- **Data to use**
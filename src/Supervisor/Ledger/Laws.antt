-- ===== src/Supervisor/Ledger/Laws.antt =====
-- The ledger of internal/supervisor/ledger.go: budgets hold, and a key is charged once.
use cyber_foreman.Prelude.{
  str_eq, eq_iff, ◌≡◌, true, false, arith, insert, Bool-cases, ◌⊎◌, inl, inr,
}
use cyber_foreman.Supervisor.Types.{Budget, Policy, Snapshot, Decision, Within}
use cyber_foreman.Supervisor.Ledger.{
  Applied, refused, duplicate, reserved, budget_exceeded, missing_dedupe_key, is_applied, charge,
  exceeds, apply_decision,
}

-- The snapshot that the caller holds after `ApplyDecision`, whatever it returned.
abbrev pub after : Snapshot → Applied → Snapshot
after s (refused e) = s
after s duplicate = s
after s (reserved t) = t

-- The refusal is exact: a charge passes the test exactly when the sum is within the policy.
pub exceeds-false : (b c : Budget) (p : Policy) → exceeds b c p ≡ false → Within (charge b c) p
unfolding exceeds charge
exceeds-false b c p h = ground arith

pub Within-exceeds : (b c : Budget) (p : Policy) → Within (charge b c) p → exceeds b c p ≡ false
unfolding exceeds charge
Within-exceeds b c p h = ground arith

-- From a budget within its policy, every decision at all leaves a budget within the policy, and the
-- policy, the status and the times of the snapshot are what they were.
pub apply_decision-Within :
    (s : Snapshot) (d : Decision)
    → Within s.budget s.policy
    → let t = after s (apply_decision s d) in
      Within t.budget t.policy
      × (t.policy ≡ s.policy)
      × (t.status ≡ s.status)
      × (t.started_at ≡ s.started_at)
      × (t.last_progress_at ≡ s.last_progress_at)
unfolding apply_decision
apply_decision-Within s d w = ground (arith, exceeds-false s.budget d.budget_cost s.policy)

-- Every decision has one of four results: no key; a key that is taken; a charge that would pass the
-- policy; or else the reservation, which charges exactly the cost, takes exactly the key, and changes
-- nothing else.
pub apply_decision_cases :
    (s : Snapshot) (d : Decision)
    → ((d.dedupe_key ≡ "") × (apply_decision s d ≡ refused missing_dedupe_key))
      ⊎ (((is_applied s d.dedupe_key ≡ true) × (apply_decision s d ≡ duplicate))
          ⊎ ((¬ Within (charge s.budget d.budget_cost) s.policy
                × (apply_decision s d ≡ refused budget_exceeded))
              ⊎ (Within (charge s.budget d.budget_cost) s.policy
                  × (is_applied s d.dedupe_key ≡ false)
                  × (apply_decision s d
                      ≡ reserved (record s {
                        applied_decisions = insert d.dedupe_key true s.applied_decisions;
                        budget = charge s.budget d.budget_cost;
                      })))))
unfolding apply_decision
apply_decision_cases s d = elim (Bool-cases (str_eq d.dedupe_key "")) [
  | inl e ↦ inl ((eq_iff d.dedupe_key "").0 e, rw e)
  | inr n ↦ elim (Bool-cases (is_applied s d.dedupe_key)) [
    | inl a ↦ inr (inl (a, rw (n, a)))
    | inr f ↦ elim (Bool-cases (exceeds s.budget d.budget_cost s.policy)) [
      | inl x ↦ inr (inr (inl (λ w. cc (x, Within-exceeds _ _ _ w), rw (n, f, x))))
      | inr y ↦ inr (inr (inr (exceeds-false _ _ _ y, f, rw (n, f, y))))
    ]
  ]
]
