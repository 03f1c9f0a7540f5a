-- ===== src/Supervisor/Executor/Keeps.antt =====
-- What an execution of internal/supervisor/executor.go can do to a world and to a snapshot.
use cyber_foreman.Prelude.{some, ◌≡◌, refl, ◌⊎◌, inl, inr, Bool-cases}
use cyber_foreman.Event.{Event}
use cyber_foreman.Supervisor.Types.{Snapshot, Decision}
use cyber_foreman.Supervisor.Ledger.{Applied, refused, duplicate, reserved, apply_decision}
use cyber_foreman.Supervisor.Ledger.Laws.{after}
use cyber_foreman.Supervisor.Executor.{Executor, Performer, execute, execute_applied, publish}

-- The publisher and the performer keep a property of the world.
pub record Keeps {W : Type 0} (e : Executor W) (p : Performer W) (K : W → Type 0) : Type 0 where
  pub publishing : (x : Event) (w : W) → K w → K (publish e x w)
  pub performing : (d : Decision) (w : W) → K w → K (p.perform d w).1

module _ {W : Type 0} (e : Executor W) (s : Snapshot) (d : Decision) (p : Performer W) where
  applied-keeps :
      {K : W → Type 0}
      → Keeps e p K
      → (w : W) → K w
      → (r : Applied) → K (execute_applied e s d (some p) w r).1
  unfolding execute_applied
  applied-keeps k w h (refused x) = h
  applied-keeps k w h duplicate = h
  applied-keeps k w h (reserved t) =
      k.publishing _ _ (k.performing d _ (k.publishing _ _ (k.publishing _ _ h)))

  -- An execution keeps every property of the world that publishing and performing keep.
  pub execute-keeps :
      {K : W → Type 0} → Keeps e p K → (w : W) → K w → K (execute e s d (some p) w).1
  unfolding execute
  execute-keeps k w h = elim (Bool-cases (p.supports d.action)) [
    | inl y ↦ rw y (applied-keeps k w h (apply_decision s d))
    | inr n ↦ rw n h
  ]

  applied-after : (w : W) (r : Applied) → (execute_applied e s d (some p) w r).0.0 ≡ after s r
  unfolding execute_applied
  applied-after w (refused x) = refl
  applied-after w duplicate = refl
  applied-after w (reserved t) = refl

  -- The snapshot that an execution returns is the old one or the one of the ledger.
  pub execute-after :
      (w : W)
      → ((execute e s d (some p) w).0.0 ≡ s)
        ⊎ ((execute e s d (some p) w).0.0 ≡ after s (apply_decision s d))
  unfolding execute
  execute-after w = elim (Bool-cases (p.supports d.action)) [
    | inl y ↦ inr (rw y (applied-after w (apply_decision s d)))
    | inr n ↦ inl (rw n refl)
  ]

- **Task item**
Go through the data above and transcribe every entry exactly.

- **Result**
filename src/Supervisor/Ledger/Laws.antt
-- ===== src/Supervisor/Ledger/Laws.antt =====
-- The ledger of internal/supervisor/ledger.go: budgets hold, and a key is charged once.
use cyber_foreman.Prelude.{
  str_eq, eq_iff, ◌≡◌, true, false, arith, insert, Bool-cases, ◌⊎◌, inl, inr,
}
use cyber_foreman.Supervisor.Types.{Budget, Policy, Snapshot, Decision, Within}
use cyber_foreman.Supervisor.Ledger.{
  Applied, refused, duplicate, reserved, budget_exceeded, missing_dedupe_key, is_applied, charge,
  exceeds, apply_decision,
}

-- The snapshot that the caller holds after `ApplyDecision`, whatever it returned.
abbrev pub after : Snapshot → Applied → Snapshot
after s (refused e) = s
after s duplicate = s
after s (reserved t) = t

-- The refusal is exact: a charge passes the test exactly when the sum is within the policy.
pub exceeds-false : (b c : Budget) (p : Policy) → exceeds b c p ≡ false → Within (charge b c) p
unfolding exceeds charge
exceeds-false b c p h = ground arith

pub Within-exceeds : (b c : Budget) (p : Policy) → Within (charge b c) p → exceeds b c p ≡ false
unfolding exceeds charge
Within-exceeds b c p h = ground arith

-- From a budget within its policy, every decision at all leaves a budget within the policy, and the
-- policy, the status and the times of the snapshot are what they were.
pub apply_decision-Within :
    (s : Snapshot) (d : Decision)
    → Within s.budget s.policy
    → let t = after s (apply_decision s d) in
      Within t.budget t.policy
      × (t.policy ≡ s.policy)
      × (t.status ≡ s.status)
      × (t.started_at ≡ s.started_at)
      × (t.last_progress_at ≡ s.last_progress_at)
unfolding apply_decision
apply_decision-Within s d w = ground (arith, exceeds-false s.budget d.budget_cost s.policy)

-- Every decision has one of four results: no key; a key that is taken; a charge that would pass the
-- policy; or else the reservation, which charges exactly the cost, takes exactly the key, and changes
-- nothing else.
pub apply_decision_cases :
    (s : Snapshot) (d : Decision)
    → ((d.dedupe_key ≡ "") × (apply_decision s d ≡ refused missing_dedupe_key))
      ⊎ (((is_applied s d.dedupe_key ≡ true) × (apply_decision s d ≡ duplicate))
          ⊎ ((¬ Within (charge s.budget d.budget_cost) s.policy
                × (apply_decision s d ≡ refused budget_exceeded))
              ⊎ (Within (charge s.budget d.budget_cost) s.policy
                  × (is_applied s d.dedupe_key ≡ false)
                  × (apply_decision s d
                      ≡ reserved (record s {
                        applied_decisions = insert d.dedupe_key true s.applied_decisions;
                        budget = charge s.budget d.budget_cost;
                      })))))
unfolding apply_decision
apply_decision_cases s d = elim (Bool-cases (str_eq d.dedupe_key "")) [
  | inl e ↦ inl ((eq_iff d.dedupe_key "").0 e, rw e)
  | inr n ↦ elim (Bool-cases (is_applied s d.dedupe_key)) [
    | inl a ↦ inr (inl (a, rw (n, a)))
    | inr f ↦ elim (Bool-cases (exceeds s.budget d.budget_cost s.policy)) [
      | inl x ↦ inr (inr (inl (λ w. cc (x, Within-exceeds _ _ _ w), rw (n, f, x))))
      | inr y ↦ inr (inr (inr (exceeds-false _ _ _ y, f, rw (n, f, y))))
    ]
  ]
]
repository 03f1c9f0a7540f5a
-- ===== src/Supervisor/Executor/Keeps.antt =====
-- What an execution of internal/supervisor/executor.go can do to a world and to a snapshot.
use cyber_foreman.Prelude.{some, ◌≡◌, refl, ◌⊎◌, inl, inr, Bool-cases}
use cyber_foreman.Event.{Event}
use cyber_foreman.Supervisor.Types.{Snapshot, Decision}
use cyber_foreman.Supervisor.Ledger.{Applied, refused, duplicate, reserved, apply_decision}
use cyber_foreman.Supervisor.Ledger.Laws.{after}
use cyber_foreman.Supervisor.Executor.{Executor, Performer, execute, execute_applied, publish}

-- The publisher and the performer keep a property of the world.
pub record Keeps {W : Type 0} (e : Executor W) (p : Performer W) (K : W → Type 0) : Type 0 where
  pub publishing : (x : Event) (w : W) → K w → K (publish e x w)
  pub performing : (d : Decision) (w : W) → K w → K (p.perform d w).1

module _ {W : Type 0} (e : Executor W) (s : Snapshot) (d : Decision) (p : Performer W) where
  applied-keeps :
      {K : W → Type 0}
      → Keeps e p K
      → (w : W) → K w
      → (r : Applied) → K (execute_applied e s d (some p) w r).1
  unfolding execute_applied
  applied-keeps k w h (refused x) = h
  applied-keeps k w h duplicate = h
  applied-keeps k w h (reserved t) =
      k.publishing _ _ (k.performing d _ (k.publishing _ _ (k.publishing _ _ h)))

  -- An execution keeps every property of the world that publishing and performing keep.
  pub execute-keeps :
      {K : W → Type 0} → Keeps e p K → (w : W) → K w → K (execute e s d (some p) w).1
  unfolding execute
  execute-keeps k w h = elim (Bool-cases (p.supports d.action)) [
    | inl y ↦ rw y (applied-keeps k w h (apply_decision s d))
    | inr n ↦ rw n h
  ]

  applied-after : (w : W) (r : Applied) → (execute_applied e s d (some p) w r).0.0 ≡ after s r
  unfolding execute_applied
  applied-after w (refused x) = refl
  applied-after w duplicate = refl
  applied-after w (reserved t) = refl

  -- The snapshot that an execution returns is the old one or the one of the ledger.
  pub execute-after :
      (w : W)
      → ((execute e s d (some p) w).0.0 ≡ s)
        ⊎ ((execute e s d (some p) w).0.0 ≡ after s (apply_decision s d))
  unfolding execute
  execute-after w = elim (Bool-cases (p.supports d.action)) [
    | inl y ↦ inr (rw y (applied-after w (apply_decision s d)))
    | inr n ↦ inl (rw n refl)
  ]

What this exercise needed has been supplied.